I have been thinking about this question :
Show that if $i: N\rightarrow M$ is an invertible immersion then it is a diffeomorphism. Give a counterexample when $N$ is not Second Countable.
First time I was thinking about this my idea was to take the local coordinates for each $p$ such that we have $\psi\circ i\circ \phi^{-1}(x_1,...,x_n)=(x_1,...,x_n,0,...,0).$ Now without thinking much about it I thought that this would have to give me that $\dim M=\dim N$ and so in local coordinates we would have the identity and so we could prove that $i^{-1}$ is a smooth map . Now since this nowhere used the fact that $N$ is second countable I came up with a proof that does use this fact , using the fact that if $\dim N < \dim M$ then $i(N)$ has measure zero in $M$, which would contradict the fact that $i(N)=M$. Now here we use the fact that $N$ is second countable. But I can't find a reason why my first argument wouldn't work, so any help with that is appreciated. Thanks in advance.
The problem is that from the local structure of $i$ you cannot deduce that $\dim M = \dim N$. You know that locally around a point $p \in N$ and $i(p) \in M$, the map looks like $(x_1,\dots,x_n) \mapsto (x_1,\dots,x_n,0,\dots,0)$ so the point in $M$ corresponding to $(0,\dots,0,\varepsilon,\dots,\varepsilon)$ for some $\varepsilon > 0$ definitely doesn't have a preimage under $i$ in a neighborhood of $p$ but a priori it might have a preimage far away from $p$.

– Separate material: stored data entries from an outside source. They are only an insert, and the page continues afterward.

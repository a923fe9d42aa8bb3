-- ===== src/Api/Sponsorship/Transitions.antt =====
-- The API's guarded status update beside the worker's.
use arcpass.Prelude.{ℕ, ◌≡◌, refl, ap, Bool, some, arith, true, false, any, Option-cases, inl, inr}
use arcpass.SponsorshipTypes.{
  SponsorshipStatus, pending, approved, rejected, relayed, completed, sponsorship_eq,
  valid_sponsorship_transitions, is_valid_sponsorship_transition,
}
use arcpass.Store.{Database, SponsorshipRequest}
use arcpass.Worker.Tx
use arcpass.Worker.Tx.{State, Host}
use arcpass.Worker.Lifecycle.{
  TransitionResult, success, failure, find_request, write_request, transition_sponsorship_status,
  transition_found,
}
use arcpass.Api.Errors.{Result, ok, err}
use arcpass.Api.Actions.{ApiStore}
use arcpass.Api.Sponsorship.{
  valid_transitions, status_timestamp_map, status_update, update_status_of,
  update_sponsorship_status,
}

-- The two tables are one.
valid_transitions-eq :
    (current : SponsorshipStatus)
    → valid_transitions current ≡ valid_sponsorship_transitions current
unfolding valid_transitions valid_sponsorship_transitions
valid_transitions-eq pending = refl
valid_transitions-eq approved = refl
valid_transitions-eq rejected = refl
valid_transitions-eq relayed = refl
valid_transitions-eq completed = refl
valid_transitions-eq SponsorshipStatus.failed = refl

pub valid_transition :
    (current new : SponsorshipStatus)
    → any (sponsorship_eq new) (valid_transitions current) ≡ true
    → is_valid_sponsorship_transition current new ≡ true
unfolding is_valid_sponsorship_transition
valid_transition current new h = rw (← valid_transitions-eq current) h

-- A transition of the table from the status that the request has.
pub record IsValidFor (id : ℕ) (new : SponsorshipStatus) (d : Database) : Type 0 where
  pub request : SponsorshipRequest
  pub found : find_request id d ≡ some request
  pub valid : is_valid_sponsorship_transition request.status new ≡ true

-- One end of the API's update beside one of the worker's, both from the database `d`.
abbrev pub Agree :
    ℕ
    → SponsorshipStatus
    → Database
    → Result SponsorshipRequest × ApiStore
    → arcpass.Worker.Tx.Result TransitionResult × State
    → Type 0
Agree id new d (ok r, s) (arcpass.Worker.Tx.ok success, t) =
    IsValidFor id new d × (s.db ≡ t.db) × (r.status ≡ new)
Agree id new d (err e, s) (arcpass.Worker.Tx.ok (failure f), t) =
    ¬ IsValidFor id new d × (s.db ≡ d) × (t.db ≡ d)
Agree id new d _ _ = ⊥

Agree-found :
    (host : Host) (id : ℕ) (new : SponsorshipStatus) (s : ApiStore) (t : State)
    (r : SponsorshipRequest) (b : Bool)
    → s.db ≡ t.db
    → find_request id t.db ≡ some r
    → is_valid_sponsorship_transition r.status new ≡ b
    → Agree id new t.db
        (update_status_of (host.clock t.reads) id new r s)
        (transition_found host id new r t)
unfolding transition_found is_valid_sponsorship_transition
Agree-found host id pending s t r true same found valid =
    rw (valid_transitions-eq r.status, valid)
      (
        record { request = r; found = found; valid = valid },
        ap
            (write_request id
              (status_update pending (host.clock t.reads) (status_timestamp_map pending)))
            same,
        refl,
      )
Agree-found host id approved s t r true same found valid =
    rw (valid_transitions-eq r.status, valid)
      (
        record { request = r; found = found; valid = valid },
        ap
            (write_request id
              (status_update approved (host.clock t.reads) (status_timestamp_map approved)))
            same,
        refl,
      )
Agree-found host id rejected s t r true same found valid =
    rw (valid_transitions-eq r.status, valid)
      (
        record { request = r; found = found; valid = valid },
        ap
            (write_request id
              (status_update rejected (host.clock t.reads) (status_timestamp_map rejected)))
            same,
        refl,
      )
Agree-found host id relayed s t r true same found valid =
    rw (valid_transitions-eq r.status, valid)
      (
        record { request = r; found = found; valid = valid },
        ap
            (write_request id
              (status_update relayed (host.clock t.reads) (status_timestamp_map relayed)))
            same,
        refl,
      )
Agree-found host id completed s t r true same found valid =
    rw (valid_transitions-eq r.status, valid)
      (
        record { request = r; found = found; valid = valid },
        ap
            (write_request id
              (status_update completed (host.clock t.reads) (status_timestamp_map completed)))
            same,
        refl,
      )
Agree-found host id SponsorshipStatus.failed s t r true same found valid =
    rw (valid_transitions-eq r.status, valid)
      (
        record { request = r; found = found; valid = valid },
        ap
            (write_request id (
              status_update SponsorshipStatus.failed (host.clock t.reads)
                (status_timestamp_map SponsorshipStatus.failed)))
            same,
        refl,
      )
Agree-found host id new s t r false same found invalid =
    rw (valid_transitions-eq r.status, invalid) (refused, same, refl)
  where
    refused : ¬ IsValidFor id new t.db
    refused v = ground (arith, found, invalid, v.found, v.valid)

-- updateSponsorshipStatus of the API and transitionSponsorshipStatus of the worker do the same: on
-- equal databases and at one time, either both succeed, the request is there and the transition valid,
-- and the two databases are equal afterwards; or both fail, it is not there or the transition is not
-- valid, and both leave the database as it was.
pub update_sponsorship_status-Agree :
    (host : Host) (id : ℕ) (new : SponsorshipStatus) (s : ApiStore) (t : State)
    → s.db ≡ t.db
    → Agree id new t.db
        (update_sponsorship_status (host.clock t.reads) id new s)
        (transition_sponsorship_status host id new t)
unfolding update_sponsorship_status transition_sponsorship_status
update_sponsorship_status-Agree host id new s t same = elim (Option-cases (find_request id t.db)) [
  | inl missing ↦
      rw (ap (find_request id) same, missing) (λ v. ground (arith, missing, v.found), same, refl)
  | inr (r, found) ↦
      rw (ap (find_request id) same, found)
        (Agree-found host id new s t r (is_valid_sponsorship_transition r.status new) same found
          refl)
]
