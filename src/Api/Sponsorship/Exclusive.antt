-- ===== src/Api/Sponsorship/Exclusive.antt =====
-- No wallet has two requests that are under way or completed: what the API and the worker keep.
use arcpass.Prelude.{
  ℕ, ◌≤◌, ◌≡◌, refl, Bool, true, ◌&&◌, ◌||◌, Option, none, some, List, [], ◌∷◌, ◌==◌, ==_iff, any,
  Bool-cases, Text, arith, Option-cases, inl, inr,
}
use arcpass.SponsorshipTypes.{
  SponsorshipStatus, pending, completed, sponsorship_eq, is_valid_sponsorship_transition,
}
use arcpass.Store.{Database, SponsorshipRequest}
use arcpass.Store.Table.{count_rows, count-append, count-update, find_first, update_row}
use arcpass.Worker.Tx.{State, Host}
use arcpass.Worker.Relay.{Executor}
use arcpass.Worker.Lifecycle.{RequestTimestamp, set_status, find_request, write_request}
use arcpass.Worker.Processor.{process_request, explain_blocked}
use arcpass.Worker.Processor.Traces.{process_request-Steps}
use arcpass.Worker.Steps.{
  Step, Steps, here, next, transitioned, explained, relay_created, relay_updated, counted,
}
use arcpass.Worker.Steps.Safety.{set_status-status, set_status-wallet_id}
use arcpass.Api.Errors.{Result, ok, err}
use arcpass.Api.Actions.{Action, ApiStore, pure, ◌>>=◌}
use arcpass.Api.Sponsorship.{
  is_in_progress, is_active_of, is_done_of, new_request, fits_row, find_eligible, insert_request,
  create_sponsorship_request, update_sponsorship_status, status_update, status_timestamp_map,
  valid_transitions,
}
use arcpass.Api.Sponsorship.Transitions.{valid_transition}
use arcpass.Api.Sponsorship.Eligibility.{Created, create_sponsorship_request-Created}

abbrev pub is_live : SponsorshipStatus → Bool
is_live status = is_in_progress status || sponsorship_eq status completed

abbrev pub is_live_of : ℕ → SponsorshipRequest → Bool
is_live_of wallet_id r = (r.wallet_id == wallet_id) && is_live r.status

abbrev pub live_of : ℕ → Database → ℕ
live_of wallet_id d = count_rows (is_live_of wallet_id) d.requests

abbrev pub IsExclusive : Database → Type 0
IsExclusive d = (v : ℕ) → live_of v d ≤ 1

-- A wallet without active and without completed requests has none that is live.
none-live :
    (v : ℕ) (rs : List SponsorshipRequest)
    → find_first (is_active_of v) rs ≡ none
    → find_first (is_done_of v) rs ≡ none
    → count_rows (is_live_of v) rs ≡ 0
none-live v [] a d = refl
none-live v (r ∷ rs) a d = ground (arith, none-live v rs)

create-IsExclusive :
    (new_request_id : List SponsorshipRequest → ℕ) (now : ℕ) (address : Text)
    (ip_address user_agent : Option Text) (s : ApiStore) (r : Result SponsorshipRequest × ApiStore)
    → Created new_request_id now address ip_address user_agent s r
    → IsExclusive s.db
    → IsExclusive r.1.db
create-IsExclusive new_request_id now address ip_address user_agent s (err e, t) (same, why) ex =
    rw same ex
create-IsExclusive new_request_id now address ip_address user_agent s (ok r, t)
      (w, eligible, fits, row, same) ex =
    rw same λ v. ground (
      arith,
      ex v,
      count-append (is_live_of v) s.db.requests r,
      none-live w.id s.db.requests eligible.idle eligible.unserved,
      row,
      ==_iff w.id v,
    )

count-update_same :
    {A : Type 0} (key : A → ℕ) (p : A → Bool) (k : ℕ) (f : A → A) (xs : List A)
    → ((x : A) → p (f x) ≡ p x)
    → count_rows p (update_row key k f xs) ≡ count_rows p xs
count-update_same key p k f [] h = refl
count-update_same key p k f (x ∷ xs) h = ground (arith, h x, count-update_same key p k f xs h)

live_of-set_status :
    (v id : ℕ) (new : SponsorshipStatus) (stamp : Option (RequestTimestamp × ℕ)) (d : Database)
    (r : SponsorshipRequest)
    → find_request id d ≡ some r
    → is_valid_sponsorship_transition r.status new ≡ true
    → live_of v (write_request id (set_status new stamp) d) ≤ live_of v d
unfolding is_valid_sponsorship_transition
live_of-set_status v id new stamp d r found valid = ground (
  arith,
  count-update (λ r. r.id) (is_live_of v) id (set_status new stamp) d.requests r found,
  set_status-status new stamp r,
  set_status-wallet_id new stamp r,
)

Step-live : (v id : ℕ) {d e : Database} → Step id d e → live_of v e ≤ live_of v d
Step-live v id {d} (transitioned r new stamp found valid field) =
    live_of-set_status v id new stamp d r found valid
Step-live v id {d} explained =
    omega (
      arith,
      count-update_same (λ r. r.id) (is_live_of v) id explain_blocked d.requests (λ r. refl),
    )
Step-live v id (relay_created relay_id attempt) = omega arith
Step-live v id (relay_updated relay_id r new stamp relay_data found valid) = omega arith
Step-live v id (counted wallet_id) = omega arith

Steps-live : (v id : ℕ) {d e : Database} → Steps id d e → live_of v e ≤ live_of v d
Steps-live v id here = omega arith
Steps-live v id (next steps step) = omega (arith, Steps-live v id steps, Step-live v id step)

stamped : ℕ → Option RequestTimestamp → Option (RequestTimestamp × ℕ)
stamped now none = none
stamped now (some field) = some (field, now)

status_update-eq :
    (new : SponsorshipStatus) (now : ℕ) (m : Option RequestTimestamp)
    → status_update new now m ≡ set_status new (stamped now m)
unfolding stamped
status_update-eq new now none = refl
status_update-eq new now (some field) = refl

pub update-live :
    (v now id : ℕ) (new : SponsorshipStatus) (s : ApiStore)
    → live_of v (update_sponsorship_status now id new s).1.db ≤ live_of v s.db
unfolding update_sponsorship_status
update-live v now id new s = elim (Option-cases (find_request id s.db)) [
  | inl missing ↦ rw missing (omega arith)
  | inr (r, found) ↦
      rw found (elim (Bool-cases (any (sponsorship_eq new) (valid_transitions r.status))) [
        | inl valid ↦ rw valid (
            rw (status_update-eq new now (status_timestamp_map new)) (
              live_of-set_status v id new (stamped now (status_timestamp_map new)) s.db r found
                (valid_transition r.status new valid)))
        | inr wrong ↦ rw wrong (omega arith)
      ])
]

-- What each call keeps.
pub create_sponsorship_request-IsExclusive :
    (new_request_id : List SponsorshipRequest → ℕ) (now : ℕ) (address : Text)
    (ip_address user_agent : Option Text) (s : ApiStore)
    → IsExclusive s.db
    → IsExclusive
        (create_sponsorship_request new_request_id now address ip_address user_agent s).1.db
create_sponsorship_request-IsExclusive new_request_id now address ip_address user_agent s ex =
    create-IsExclusive new_request_id now address ip_address user_agent s _
      (create_sponsorship_request-Created new_request_id now address ip_address user_agent s) ex

pub process_request-live :
    (v : ℕ) (host : Host) (execute : Database → Executor) (locked : ℕ → Bool) (commits : Bool)
    (max_retries id : ℕ) (s : State)
    → live_of v (process_request host execute locked commits max_retries id s).1.db ≤ live_of v s.db
process_request-live v host execute locked commits max_retries id s =
    Steps-live v id (process_request-Steps host execute locked commits max_retries id s)

abbrev pub is_pending_of : ℕ → SponsorshipRequest → Bool
is_pending_of wallet_id r = (r.wallet_id == wallet_id) && sponsorship_eq r.status pending

abbrev pub pending_of : ℕ → Database → ℕ
pending_of wallet_id d = count_rows (is_pending_of wallet_id) d.requests

-- The headers of a call and the time of its row.
pub record Creation : Type 0 where
  pub now : ℕ
  pub ip_address : Option Text
  pub user_agent : Option Text

module _ (new_request_id : List SponsorshipRequest → ℕ) (address : Text) (a b : Creation) where
  abbrev insert : Creation → ℕ → Action SponsorshipRequest
  insert c wallet_id = insert_request new_request_id c.now wallet_id c.ip_address c.user_agent

  -- Both calls make their checks before either writes.
  abbrev pub create_both : Action (SponsorshipRequest × SponsorshipRequest)
  create_both = do
    w ← find_eligible address
    v ← find_eligible address
    r ← insert a w.id
    q ← insert b v.id
    pure (r, q)

  abbrev FitsRow : Creation → Type 0
  FitsRow c = fits_row (new_request 0 0 c.now c.ip_address c.user_agent) ≡ true
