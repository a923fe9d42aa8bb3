-- ===== src/Api/Wallets/Addresses.antt =====
-- The normal form of a wallet address: trimmed, in lower case, and the same when it is normalised again.
use arcpass.Prelude.{
  ℕ, suc, ◌+◌, ◌<◌, ◌≡◌, refl, sym, ◌∙◌, ◌⊎◌, ◌↔◌, ap, ap₂, subst, true, false, ◌&&◌, and-true_left,
  and-true_right, leb, some, [], ◌∷◌, Text, starts_with, trim, is_space, skip_spaces, to_lower,
  length, arith, if◌then◌else◌, Bool-cases, inl, inr, All,
}
use mathlib.Core.List.{reverse, reverse_aux, reverse-reverse}
use arcpass.Worker.Config.{is_hex_text, is_hex_digit, all_chars}
use arcpass.Api.Errors.{ok}
use arcpass.Api.Wallets.{is_wallet_address, is_valid_wallet_address, normalize_wallet_address}

abbrev lower : ℕ → ℕ
lower c = if leb b'A' c && leb c b'Z' then c + 32 else c

lower-lower : (c : ℕ) → lower (lower c) ≡ lower c
lower-lower c = ground arith

is_hex_digit-lower : (c : ℕ) → is_hex_digit c ≡ true → is_hex_digit (lower c) ≡ true
is_hex_digit-lower c h = ground arith

is_space-hex : (c : ℕ) → is_hex_digit c ≡ true → is_space c ≡ false
unfolding is_space
is_space-hex c h = ground arith

to_lower-to_lower : (s : Text) → to_lower (to_lower s) ≡ to_lower s
unfolding to_lower
to_lower-to_lower [] = refl
to_lower-to_lower (c ∷ s) = ap₂ (λ d t. d ∷ t) (lower-lower c) (to_lower-to_lower s)

length-to_lower : (s : Text) → length (to_lower s) ≡ length s
unfolding to_lower
length-to_lower [] = refl
length-to_lower (c ∷ s) = ap suc (length-to_lower s)

all_chars-to_lower :
    (s : Text) → all_chars is_hex_digit s ≡ true → all_chars is_hex_digit (to_lower s) ≡ true
unfolding to_lower
all_chars-to_lower [] h = refl
all_chars-to_lower (c ∷ s) h =
    rw (is_hex_digit-lower c (and-true_left (is_hex_digit c) (all_chars is_hex_digit s) h))
      (all_chars-to_lower s (and-true_right (is_hex_digit c) (all_chars is_hex_digit s) h))

address_parts :
    (c d : ℕ) (s : Text)
    → is_wallet_address (c ∷ d ∷ s) ≡ true
    → (c ≡ b'0') × (d ≡ b'x') × (length s ≡ 40) × (all_chars is_hex_digit s ≡ true)
unfolding is_wallet_address is_hex_text starts_with
address_parts c d s h = (ground arith, ground arith, ground arith, ground arith)

is_wallet_address-to_lower :
    (s : Text) → is_wallet_address s ≡ true → is_wallet_address (to_lower s) ≡ true
unfolding is_wallet_address is_hex_text starts_with to_lower
is_wallet_address-to_lower [] h = cc
is_wallet_address-to_lower (c ∷ []) h = absurd (ground arith)
is_wallet_address-to_lower (c ∷ d ∷ s) h =
    let (zero_char, x_char, forty, hex) = address_parts c d s h in
    rw (zero_char, x_char, length-to_lower s, forty, all_chars-to_lower s hex) refl

-- A text without spaces is trimmed.
abbrev IsSolid : Text → Type 0
IsSolid s = All (λ c. is_space c ≡ false) s

skip_spaces-IsSolid : (s : Text) → IsSolid s → skip_spaces s ≡ s
skip_spaces-IsSolid [] h = refl
skip_spaces-IsSolid (c ∷ s) h = rw h.0 refl

IsSolid-reverse_aux : (s t : Text) → IsSolid s → IsSolid t → IsSolid (reverse_aux s t)
IsSolid-reverse_aux [] t h k = k
IsSolid-reverse_aux (c ∷ s) t h k = IsSolid-reverse_aux s (c ∷ t) h.1 (h.0, k)

IsSolid-reverse : (s : Text) → IsSolid s → IsSolid (reverse s)
IsSolid-reverse s h = IsSolid-reverse_aux s [] h tt

trim-IsSolid : (s : Text) → IsSolid s → trim s ≡ s
unfolding trim
trim-IsSolid s h =
    rw (skip_spaces-IsSolid s h, skip_spaces-IsSolid (reverse s) (IsSolid-reverse s h))
      (reverse-reverse s)

IsSolid-hex : (s : Text) → all_chars is_hex_digit s ≡ true → IsSolid s
IsSolid-hex [] h = tt
IsSolid-hex (c ∷ s) h = (
  is_space-hex c (and-true_left (is_hex_digit c) (all_chars is_hex_digit s) h),
  IsSolid-hex s (and-true_right (is_hex_digit c) (all_chars is_hex_digit s) h),
)

is_wallet_address-IsSolid : (s : Text) → is_wallet_address s ≡ true → IsSolid s
unfolding is_wallet_address is_hex_text starts_with is_space
is_wallet_address-IsSolid [] h = tt
is_wallet_address-IsSolid (c ∷ []) h = absurd (ground arith)
is_wallet_address-IsSolid (c ∷ d ∷ s) h =
    let (zero_char, x_char, forty, hex) = address_parts c d s h in
    (rw zero_char refl, (rw x_char refl, IsSolid-hex s hex))

normalized :
    (text address : Text)
    → normalize_wallet_address (some text) ≡ ok address
    → (is_wallet_address (trim text) ≡ true) × (to_lower (trim text) ≡ address)
unfolding normalize_wallet_address
normalized text address h = elim (Bool-cases (is_wallet_address (trim text))) [
  | inl valid ↦ (valid, cc)
  | inr invalid ↦ cc
]

-- No capital letter.
abbrev pub IsLower : Text → Type 0
IsLower s = All (λ c. (c < b'A') ⊎ (b'Z' < c)) s

lower-IsLower : (c : ℕ) → (lower c < b'A') ⊎ (b'Z' < lower c)
lower-IsLower c = elim (Bool-cases (leb b'A' c && leb c b'Z')) [
  | inl capital ↦ rw capital (inr (ground (arith, capital)))
  | inr small ↦ rw small (elim (Bool-cases (leb b'A' c)) [
    | inl above ↦ inr (ground (arith, small, above))
    | inr below ↦ inl (ground (arith, below))
  ])
]

to_lower-IsLower : (s : Text) → IsLower (to_lower s)
unfolding to_lower
to_lower-IsLower [] = tt
to_lower-IsLower (c ∷ s) = (lower-IsLower c, to_lower-IsLower s)

normal-valid :
    (text address : Text)
    → normalize_wallet_address (some text) ≡ ok address
    → (is_valid_wallet_address (some address) ≡ true)
      × (normalize_wallet_address (some address) ≡ ok address)
unfolding normalize_wallet_address is_valid_wallet_address
normal-valid text address h =
    let (valid, same) = normalized text address h in
    let valid_lower = is_wallet_address-to_lower (trim text) valid in
    let trimmed =
      trim-IsSolid (to_lower (trim text))
        (is_wallet_address-IsSolid (to_lower (trim text)) valid_lower) in
    subst
      (λ a. (is_valid_wallet_address (some a) ≡ true) × (normalize_wallet_address (some a) ≡ ok a))
      same
      (
        rw (trimmed, valid_lower) refl,
        rw (trimmed, valid_lower, to_lower-to_lower (trim text)) refl,
      )

-- Where two texts normalise to addresses, the address of the first is valid, has no capital letter
-- and is the same when it is normalised again, and the two addresses are one exactly if the texts
-- differ at most in the case of letters and in the spaces around them.
pub normalize-normalize :
    (text other address other_address : Text)
    → normalize_wallet_address (some text) ≡ ok address
    → normalize_wallet_address (some other) ≡ ok other_address
    → (is_valid_wallet_address (some address) ≡ true)
      × (normalize_wallet_address (some address) ≡ ok address)
      × IsLower address
      × ((address ≡ other_address) ↔ (to_lower (trim text) ≡ to_lower (trim other)))
normalize-normalize text other address other_address h k =
    let (valid, same) = normal-valid text address h in
    let e = (normalized text address h).1 in
    let e' = (normalized other other_address k).1 in
    (
      valid,
      same,
      subst IsLower e (to_lower-IsLower (trim text)),
      (λ one. e ∙ one ∙ sym e', λ one. sym e ∙ one ∙ e'),
    )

To see that this is indeed possible, take $N$ to be $\mathbb{R}$ with the discrete topology, $M$ to be $\mathbb{R}$ with the usual topology and $i$ the (set theoretic) identity map. The manifold $N$ is not second countable, zero dimensional, the map $i$ is smooth, invertible (as a set map) and an immersion (as for any $p \in N$, the map $di|_{p} \colon T_pN \rightarrow T_pM$ is the only linear map from a zero dimensional space to a one-dimensional space which is injective). However, $N$ and $M$ are not diffeomorphic.